Kearney retired from the Department of Agriculture in 1944, after which he moved to San Francisco, California, and became a research associate at the California Academy of Sciences, where he continued his taxonomic studies and collaborations with Peebles. He and Peebles published the first edition of Arizona Flora in 1951, a comprehensive guide to plants of the state that remains a standard reference a half-century later. Kearney was named an honorary curator, and was the subject of biographies and tribute articles by his colleagues. Kearney received the Certificate of Merit by the Botanical Society of America in August, 1956. Kearney died in San Francisco on October 19, 1956, at the age of 82.

In 1967, botanist David Martin Bates, published a genus of flowering plants (belonging to the family Malvaceae), from Central America as Kearnemalvastrum, in Kearney's honour.

==Selected works==
- Kearney, Thomas H. (1898). A revision of the North American species of Calamagrostis. In: Studies on American Grasses. Bulletin 11, U.S. Dept. of Agriculture.
- Kearney, Thomas H. (1935).

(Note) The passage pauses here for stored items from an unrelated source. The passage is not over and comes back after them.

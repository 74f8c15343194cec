-- ===== src/Prelude/Table.antt =====
-- A table of the database, keyed by its primary key: the rows in the order of insertion. Ids are
-- UUIDs, which the source only compares, so they are numbers here.
pub mod Laws
use Prim.Native.Nat.{ℕ, suc, max}
use mathlib.Core.Path.{◌≡◌, refl}
use mathlib.Core.Logic.{◌≢◌}
use mathlib.Core.Bool.{Bool, true, false}
use mathlib.Core.Option
use mathlib.Core.Option.{Option, none, some}
use mathlib.Core.List.{List, [], ◌∷◌}
use native.Mathlib.Omega.{arith}
use guardian_backend_service.Prelude.Tests.{◌==◌, if◌then◌else◌}

abbrev pub Table {ℓ} : Type ℓ → Type ℓ
Table R = List (ℕ × R)

module _ {ℓ} {R : Type ℓ} where
  -- `findUnique({ where: { id } })`
  unfoldable pub find : ℕ → Table R → Option R
  find k [] = none
  find k ((j, r) ∷ t) = if j == k then some r else find k t

  -- `update({ where: { id }, data })`, as a function of the row
  unfoldable pub modify : ℕ → (R → R) → Table R → Table R
  modify k f [] = []
  modify k f ((j, r) ∷ t) = if j == k then (j, f r) ∷ t else (j, r) ∷ modify k f t

  -- `updateMany({ where, data })`
  unfoldable pub modify_where : (R → Bool) → (R → R) → Table R → Table R
  modify_where p f [] = []
  modify_where p f ((j, r) ∷ t) = (if p r then (j, f r) else (j, r)) ∷ modify_where p f t

  -- `count({ where })`
  unfoldable pub count_where : (R → Bool) → Table R → ℕ
  count_where p [] = 0
  count_where p ((j, r) ∷ t) = if p r then suc (count_where p t) else count_where p t

  -- `findMany({ where })`
  unfoldable pub select_where : (R → Bool) → Table R → Table R
  select_where p [] = []
  select_where p ((j, r) ∷ t) = if p r then (j, r) ∷ select_where p t else select_where p t

  -- `findFirst({ where })`
  unfoldable pub find_where : (R → Bool) → Table R → Option (ℕ × R)
  find_where p [] = none
  find_where p ((j, r) ∷ t) = if p r then some (j, r) else find_where p t

  -- The database makes an id that no row has.
  unfoldable pub fresh_id : Table R → ℕ
  fresh_id [] = 0
  fresh_id ((id, r) ∷ t) = max (suc id) (fresh_id t)

  -- `create({ data })`
  abbrev pub insert : R → Table R → Table R
  insert r t = (fresh_id t, r) ∷ t
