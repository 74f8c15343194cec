-- ===== src/Prelude/Table/Laws.antt =====
-- What the operations of a table do to a lookup and to a count.
use Prim.Native.Nat.{ℕ, ◌+◌, ◌≤◌}
use mathlib.Core.Path.{◌≡◌, refl}
use mathlib.Core.Logic.{◌≢◌}
use mathlib.Core.Bool.{Bool, true, false}
use mathlib.Core.Option.{Option, none, some}
use mathlib.Core.List.{[], ◌∷◌}
use native.Mathlib.Omega.{arith}
use guardian_backend_service.Prelude.Tests.{◌==◌, if◌then◌else◌}
use guardian_backend_service.Prelude.Table.{
  Table, find, modify, modify_where, count_where, find_where, fresh_id, insert,
}

abbrev pub map_option {ℓ} : {A : Type ℓ} → (A → A) → Option A → Option A
map_option f none = none
map_option f (some a) = some (f a)

-- a test as a number
abbrev pub bit : Bool → ℕ
bit true = 1
bit false = 0

module _ {ℓ} {R : Type ℓ} where
  pub find-modify :
      (j k : ℕ) (f : R → R) (t : Table R)
      → find j (modify k f t) ≡ (if k == j then map_option f (find j t) else find j t)
  unfolding find modify
  find-modify j k f [] = ground arith
  find-modify j k f ((i, r) ∷ t) = ground (arith, find-modify j k f t)

  pub find-modify_self :
      (k : ℕ) (f : R → R) (t : Table R) (r : R)
      → find k t ≡ some r
      → find k (modify k f t) ≡ some (f r)
  find-modify_self k f t r h = ground (arith, find-modify k k f t)

  pub find-modify_ne :
      (j k : ℕ) (f : R → R) (t : Table R) → j ≢ k → find j (modify k f t) ≡ find j t
  find-modify_ne j k f t h = ground (arith, find-modify j k f t)

  pub find-modify_where :
      (j : ℕ) (p : R → Bool) (f : R → R) (t : Table R)
      → find j (modify_where p f t) ≡ map_option (λ r. if p r then f r else r) (find j t)
  unfolding find modify_where
  find-modify_where j p f [] = refl
  find-modify_where j p f ((i, r) ∷ t) = ground (arith, find-modify_where j p f t)

  -- A write to one row changes a count by what it changes of the row's test.
  pub count_where-modify :
      (p : R → Bool) (k : ℕ) (f : R → R) (t : Table R) (r : R)
      → find k t ≡ some r
      → count_where p (modify k f t) + bit (p r) ≡ count_where p t + bit (p (f r))
  unfolding find modify count_where
  count_where-modify p k f [] r h = cc
  count_where-modify p k f ((i, q) ∷ t) r h = ground (arith, count_where-modify p k f t r)

  pub count_where-modify_where_same :
      (q p : R → Bool) (f : R → R) (t : Table R)
      → ((r : R) → p r ≡ true → q (f r) ≡ q r)
      → count_where q (modify_where p f t) ≡ count_where q t
  unfolding count_where modify_where
  count_where-modify_where_same q p f [] h = refl
  count_where-modify_where_same q p f ((i, r) ∷ t) h =
      ground (arith, h r, count_where-modify_where_same q p f t h)

  pub count_where-modify_where_zero :
      (p : R → Bool) (f : R → R) (t : Table R)
      → ((r : R) → p r ≡ true → p (f r) ≡ false)
      → count_where p (modify_where p f t) ≡ 0
  unfolding count_where modify_where
  count_where-modify_where_zero p f [] h = refl
  count_where-modify_where_zero p f ((i, r) ∷ t) h =
      ground (arith, h r, count_where-modify_where_zero p f t h)

  pub count_where-modify_noop :
      (p : R → Bool) (k : ℕ) (f : R → R) (t : Table R)
      → ((r : R) → p (f r) ≡ p r)
      → count_where p (modify k f t) ≡ count_where p t
  unfolding modify count_where
  count_where-modify_noop p k f [] h = refl
  count_where-modify_noop p k f ((i, q) ∷ t) h =
      ground (arith, h q, count_where-modify_noop p k f t h)

-- every id of the table is that of one row: the primary key
abbrev pub HasKeys {ℓ} : {R : Type ℓ} → Table R → Type ℓ
HasKeys [] = Unit
HasKeys ((id, r) ∷ t) = (find id t ≡ none) × HasKeys t

module _ {R : Type 0} where
  pub modify-HasKeys : (k : ℕ) (f : R → R) (t : Table R) → HasKeys t → HasKeys (modify k f t)
  unfolding modify
  modify-HasKeys k f [] h = tt
  modify-HasKeys k f ((id, r) ∷ t) (fresh, keyed) = by_key (modify-HasKeys k f t keyed) (id == k)
    where
      by_key :
          HasKeys (modify k f t)
          → (b : Bool) → HasKeys (if b then (id, f r) ∷ t else (id, r) ∷ modify k f t)
      by_key rest true = (fresh, keyed)
      by_key rest false = (ground (arith, find-modify id k f t), rest)

  find_where-no :
      (p : R → Bool) (t : Table R) (id k : ℕ) (r : R)
      → find k t ≡ none
      → find_where p t ≡ some (id, r)
      → id ≢ k
  unfolding find find_where
  find_where-no p [] id k r h g = cc
  find_where-no p ((j, q) ∷ t) id k r h g = ground (arith, find_where-no p t id k r)

  -- what a search finds is the row of its id, and passes the test
  pub find_where-find :
      (p : R → Bool) (t : Table R) (id : ℕ) (r : R)
      → HasKeys t
      → find_where p t ≡ some (id, r)
      → (find id t ≡ some r) × (p r ≡ true)
  unfolding find find_where
  find_where-find p [] id r keyed h = cc
  find_where-find p ((j, q) ∷ t) id r (fresh, keyed) h =
      ground (arith, find_where-find p t id r keyed, find_where-no p t id j r fresh)

module _ {R : Type 0} where
  -- an id from `fresh_id` on is free
  pub find-beyond : (k : ℕ) (t : Table R) → fresh_id t ≤ k → find k t ≡ none
  unfolding find fresh_id
  find-beyond k [] h = refl
  find-beyond k ((id, r) ∷ t) h = ground (arith, find-beyond k t)

  pub find-insert :
      (k : ℕ) (r q : R) (t : Table R) → find k t ≡ some q → find k (insert r t) ≡ some q
  unfolding find
  find-insert k r q t h = ground (arith, find-beyond k t)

The North American species of Sphaeralcea subgenus Eusphaeralcea. Berkeley, Calif: University of California Press.
- Kearney, Thomas H., and Robert H. Peebles. (1942). Flowering plants and ferns of Arizona. Washington, D.C.: U.S. Dept. of Agriculture.
- Kearney, T. H, and R. H. Peebles. 1960. Arizona Flora: with supplement by John Thomas Howell, Elizabeth McLintock and collaborators. Berkeley: Univ. of California Press.